Work task - If a line of the data below holds the word "settle", list it.

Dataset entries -
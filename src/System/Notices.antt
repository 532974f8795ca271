-- ===== src/System/Notices.antt =====
-- What determining the lowest thread and telling it leave alone (src/module/clock_main.c), in any
-- context and whatever the search returns.
use task_clock.Common.{
  ℕ, ◌≡◌, refl, Bool, true, Option, none, some, arith, if◌then◌else◌, inl, inr, Bool-cases, ok,
  out_of_bounds, Ensures, Ensures-bind, Ensures-trivial, Ensures-if, Ensures-map, is_tid,
}
use task_clock.Group.{
  Machine, Context, entry, put_status, emit, clear_entry_state, current_is_only_active_thread,
  wake_up_all,
}
use task_clock.Search.{search_for_lowest_waiting}
use task_clock.Counter.{publish_ticks}
use task_clock.Notify.{
  settle, set_waiting, move_lowest, yield_to_lowest, refresh_lowest_ticks,
  set_current_thread_to_lowest, is_sleeping, wake_up_if, wake_up_waiting_thread,
  determine_lowest_and_notify_or_wait, claim_notification, notify_waiting_threads,
}
use task_clock.System.Quiet.{Quiet-refl, Quiet-trans, Own, put-Own}

module _ (ctx : Context) where
  pub clear-Own : (m : Machine) → Own ctx m (clear_entry_state ctx m)
  clear-Own m = ground arith

  take-Own : (m : Machine) → Own ctx m (set_current_thread_to_lowest ctx m)
  unfolding set_current_thread_to_lowest
  take-Own m = ground arith

  yield-Own : (m : Machine) → Own ctx m (yield_to_lowest ctx m).1
  unfolding yield_to_lowest
  yield-Own m = ground arith

  refresh-Own : (m : Machine) → Own ctx m (refresh_lowest_ticks ctx m)
  refresh-Own m = ground arith

  move-Own : (new_low : Option ℕ) (m : Machine) → Own ctx m (move_lowest ctx new_low m)
  move-Own new_low m = ground arith

  pub settle-Own : (new_low : Option ℕ) (m : Machine) → Own ctx m (settle ctx new_low m).1
  unfolding settle
  settle-Own new_low m = elim (Bool-cases (is_tid new_low ctx.current)) [
    | inl mine ↦ rw mine (
        Quiet-trans (move-Own new_low m) (
          Quiet-trans (take-Own (move_lowest ctx new_low m))
            (refresh-Own (set_current_thread_to_lowest ctx (move_lowest ctx new_low m)))))
    | inr other ↦ rw other (
        Quiet-trans (move-Own new_low m) (
          Quiet-trans (yield-Own (move_lowest ctx new_low m))
            (refresh-Own (yield_to_lowest ctx (move_lowest ctx new_low m)).1)))
  ]

  pub set_waiting-Own : (b : Bool) (m : Machine) → Own ctx m (set_waiting ctx b m)
  set_waiting-Own b m = put-Own ctx m (record (entry m ctx.current) { waiting = b }) refl (λ h. h)

  pub determine-Own :
      (stack : ℕ → ℕ) (m : Machine)
      → Ensures (λ r. Own ctx m r.1) (determine_lowest_and_notify_or_wait ctx stack m)
  unfolding determine_lowest_and_notify_or_wait
  determine-Own stack m =
      Ensures-if (λ r. Own ctx m r.1) (current_is_only_active_thread ctx (publish_ticks ctx m)) _ _
        (take-Own (
          put_status (publish_ticks ctx m) ctx.current
            (record ((publish_ticks ctx m).status ctx.current) { single_active_thread = true })))
        (Ensures-bind (λ _. Unit {0}) (λ r. Own ctx m r.1)
          (search_for_lowest_waiting ctx.in_nmi stack
            (set_waiting ctx true (publish_ticks ctx m)).group)
          _ (Ensures-trivial _)
          (λ low _.
            Quiet-trans (set_waiting-Own true m)
              (settle-Own low (set_waiting ctx true (publish_ticks ctx m)))))

-- Telling a thread does not touch the group.
pub wake_up_if-same :
    (tid : Option ℕ) (m : Machine) → Ensures (λ m'. m'.group ≡ m.group) (wake_up_if tid m)
unfolding wake_up_waiting_thread
wake_up_if-same none m = refl
wake_up_if-same (some t) m =
    Ensures-if (λ m'. m'.group ≡ m.group) (is_sleeping m.group m.group.lowest_tid)
      (ok (emit m (wake_up_all t))) _ refl (told m.group.lowest_tid)
  where
    told :
        (low : Option ℕ)
        → Ensures
            (λ m'. m'.group ≡ m.group)
            (elim low [
              | none ↦ out_of_bounds
              | some l ↦
                  if m.group.user_status_arr
                  then ok (put_status m l (record (m.status l) { lowest_clock = true }))
                  else out_of_bounds
            ])
    told none = tt
    told (some l) =
        Ensures-if (λ m'. m'.group ≡ m.group) m.group.user_status_arr
          (ok (put_status m l (record (m.status l) { lowest_clock = true }))) out_of_bounds refl tt

pub Own-wake :
    (ctx : Context) (m m₁ : Machine) (tid : Option ℕ)
    → Own ctx m m₁
    → Ensures (Own ctx m) (wake_up_if tid m₁)
Own-wake ctx m m₁ tid o =
    Ensures-map (λ m'. m'.group ≡ m₁.group) (Own ctx m) (wake_up_if tid m₁) (wake_up_if-same tid m₁)
      (λ m' same. rw same o)

pub notify-Own : (ctx : Context) (m : Machine) → Ensures (Own ctx m) (notify_waiting_threads ctx m)
unfolding notify_waiting_threads
notify-Own ctx m =
    Ensures-bind (λ _. Unit {0}) (Own ctx m)
      (search_for_lowest_waiting ctx.in_nmi (ctx.stack 0) m.group) _ (Ensures-trivial _)
      (λ low _.
        Own-wake ctx m (claim_notification low m).1 (claim_notification low m).0 (claim-Own low))
  where
    claim-Own : (low : Option ℕ) → Own ctx m (claim_notification low m).1
    claim-Own none = Quiet-refl ctx.current m.group
    claim-Own (some l) = ground arith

Reply -
  settle, set_waiting, move_lowest, yield_to_lowest, refresh_lowest_ticks,
  pub settle-Own : (new_low : Option ℕ) (m : Machine) → Own ctx m (settle ctx new_low m).1
  unfolding settle
  settle-Own new_low m = elim (Bool-cases (is_tid new_low ctx.current)) [
              (settle-Own low (set_waiting ctx true (publish_ticks ctx m)))))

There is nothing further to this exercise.